# WHAT THE EXERCISE ASKS
Wherever the word "trimmed" occurs in the lines below, copy the whole line.
_ _ _ _ _
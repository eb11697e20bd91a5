-- ===== src/Acl/Rules.antt =====
-- internal/acl/acl.go: rules, the compilation of their paths, and when a rule covers a path.
use weave_ftpd.Base.{
  ℕ, zero, suc, List, [], ◌∷◌, ◌++◌, Bool, false, ◌&&◌, ◌||◌, Option, none, some, if◌then◌else◌,
  ◌==◌, Text, codes, text_eq, has_prefix, has_suffix, contains, trim_space, trim_right, to_lower,
  replace_byte, split_byte, any, length,
}
use weave_ftpd.GoPath.Clean.{clean}
use weave_ftpd.GoPath.Glob.{glob, ◌>>=◌}
use weave_ftpd.User.Account.{User}
use weave_ftpd.Acl.Requirement.{no_terms, Requirement, requirement, nil, check_requirement}
use weave_ftpd.Acl.Scalar.{parse_requirement_scalar}

pub record CompiledRulePath : Type 0 where
  pub pattern : Text
  pub parent : Text
  pub trailing_slash : Bool

pub record Rule : Type 0 where
  pub type : Text
  pub path : Text
  pub required : Text
  pub requirement : Option Requirement
  pub paths : List CompiledRulePath

-- The text before and behind the first byte `sep`.
unfoldable pub cut_at : ℕ → Text → Option (Text × Text)
cut_at sep [] = none
cut_at sep (a ∷ s) =
    let rest : Option (Text × Text) = (do
      (before, behind) ← cut_at sep s
      some (a ∷ before, behind)) in
    if a == sep then some ([], s) else rest

-- The loop over the parts between braces: an empty one is passed over.
expand_parts : (Text → Option (List Text)) → Text → Text → List Text → Option (List Text)
expand_parts expand prefix suffix [] = some []
expand_parts expand prefix suffix (part ∷ parts) = do
  rest ← expand_parts expand prefix suffix parts
  if text_eq (trim_space part) []
      then some rest
      else do expanded ← expand (prefix ++ (trim_space part ++ suffix)); some (expanded ++ rest)

or_whole : Text → List Text → List Text
or_whole pattern [] = pattern ∷ []
or_whole pattern (p ∷ ps) = p ∷ ps

-- expandBracePatterns; `none` means that the fuel ran out. Each call removes a closing brace.
unfoldable pub expand_brace_patterns : ℕ → Text → Option (List Text)
unfolding cut_at expand_parts or_whole
expand_brace_patterns zero pattern = none
expand_brace_patterns (suc fuel) pattern =
    let trimmed = trim_space pattern in
    elim (cut_at b'{' trimmed) [
      | none ↦ some (trimmed ∷ [])
      | some (prefix, tail) ↦ elim (cut_at b'}' tail) [
        | none ↦ some (trimmed ∷ [])
        | some (body, suffix) ↦ (do
          out ← expand_parts (expand_brace_patterns fuel) prefix suffix (split_byte b',' body)
          some (or_whole trimmed out))
      ]
    ]

-- Enough fuel for any pattern: no pattern has more braces than bytes.
unfoldable pub expand : Text → List Text
unfolding expand_brace_patterns
expand pattern = elim (expand_brace_patterns (suc (length pattern)) pattern) [
  | none ↦ []
  | some out ↦ out
]

unfoldable pub compile_rule_path : Text → Option CompiledRulePath
compile_rule_path pattern =
    let raw = replace_byte 92 b'/' (trim_space pattern) in
    let trailing = has_suffix raw (codes "/") in
    if text_eq raw []
    then none
    else some (record {
      pattern = if trailing then raw else clean raw;
      parent = clean raw;
      trailing_slash = trailing;
    })

same_key : CompiledRulePath → CompiledRulePath → Bool
same_key a b = text_eq (a.pattern ++ (0 ∷ []) ++ a.parent) (b.pattern ++ (0 ∷ []) ++ b.parent)

compile_all : List CompiledRulePath → List Text → List CompiledRulePath
compile_all out [] = out
compile_all out (p ∷ ps) =
    compile_all
      (elim (compile_rule_path p) [
        | none ↦ out
        | some c ↦ if any (same_key c) out then out else out ++ c ∷ []
      ])
      ps

unfoldable pub compile_rule_paths : Text → List CompiledRulePath
unfolding compile_rule_path expand same_key compile_all any
compile_rule_paths pattern = compile_all [] (expand pattern)

star_if_empty : Text → Text
star_if_empty [] = codes "*"
star_if_empty (c ∷ s) = c ∷ s

parsed_if_missing : Option Requirement → Text → Option Requirement
parsed_if_missing none required =
    some (requirement (parse_requirement_scalar no_terms required) nil nil)
parsed_if_missing (some r) required = some r

unfoldable pub prepare_rule : Rule → Rule
unfolding star_if_empty parsed_if_missing compile_rule_paths
prepare_rule rule =
    let required = star_if_empty (trim_space rule.required) in
    record {
      type = to_lower (trim_space rule.type);
      path = trim_space rule.path;
      required = required;
      requirement = parsed_if_missing rule.requirement required;
      paths = compile_rule_paths (trim_space rule.path);
    }

unfoldable pub normalize_check_path : Text → Text
normalize_check_path vpath = clean (replace_byte 92 b'/' (trim_space vpath))

-- A pattern with exactly one star, split there: as a prefix and a suffix.
one_star : List Text → Text → Bool
one_star (prefix ∷ suffix ∷ []) vpath =
    if text_eq suffix []
    then has_prefix vpath prefix
    else if text_eq prefix []
    then has_suffix vpath suffix
    else has_prefix vpath prefix && has_suffix vpath suffix
one_star _ vpath = false

unfoldable pub path_matches_compiled : CompiledRulePath → Text → Bool
unfolding one_star
path_matches_compiled c vpath =
    if c.trailing_slash
    then glob c.pattern (trim_right (λ b. b == b'/') vpath ++ codes "/")
    else text_eq c.pattern vpath
      || (glob c.pattern vpath
          || (contains c.pattern (codes "*") && one_star (split_byte b'*' c.pattern) vpath))

unfoldable pub path_is_below : Text → Text → Bool
path_is_below vpath parent =
    if text_eq parent [] || (text_eq parent (codes ".") || contains parent (codes "*"))
    then false
    else let top = trim_right (λ b. b == b'/') parent in
      text_eq vpath top || has_prefix vpath (top ++ codes "/")

unfoldable pub compiled_paths_for_rule : Rule → List CompiledRulePath
compiled_paths_for_rule rule = elim rule.paths [
  | [] ↦ compile_rule_paths rule.path
  | c ∷ cs ↦ c ∷ cs
]

unfoldable pub rule_matches_path : Rule → Text → Bool
unfolding any path_matches_compiled path_is_below compiled_paths_for_rule
rule_matches_path rule vpath =
    any (λ c. path_matches_compiled c vpath || path_is_below vpath c.parent)
      (compiled_paths_for_rule rule)

-- checkRequired without its cache, which holds what the parser returns for the same text.
unfoldable pub check_required : Text → User → Bool
check_required required u =
    check_requirement u (requirement (parse_requirement_scalar no_terms required) nil nil)

unfoldable pub rule_allows : Rule → User → Bool
unfolding check_required
rule_allows rule u = elim rule.requirement [
  | none ↦ check_required rule.required u
  | some r ↦ check_requirement u r
]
_ _ _ _ _
# RESPONSE
    let trimmed = trim_space pattern in
    elim (cut_at b'{' trimmed) [
      | none ↦ some (trimmed ∷ [])
        | none ↦ some (trimmed ∷ [])
          some (or_whole trimmed out))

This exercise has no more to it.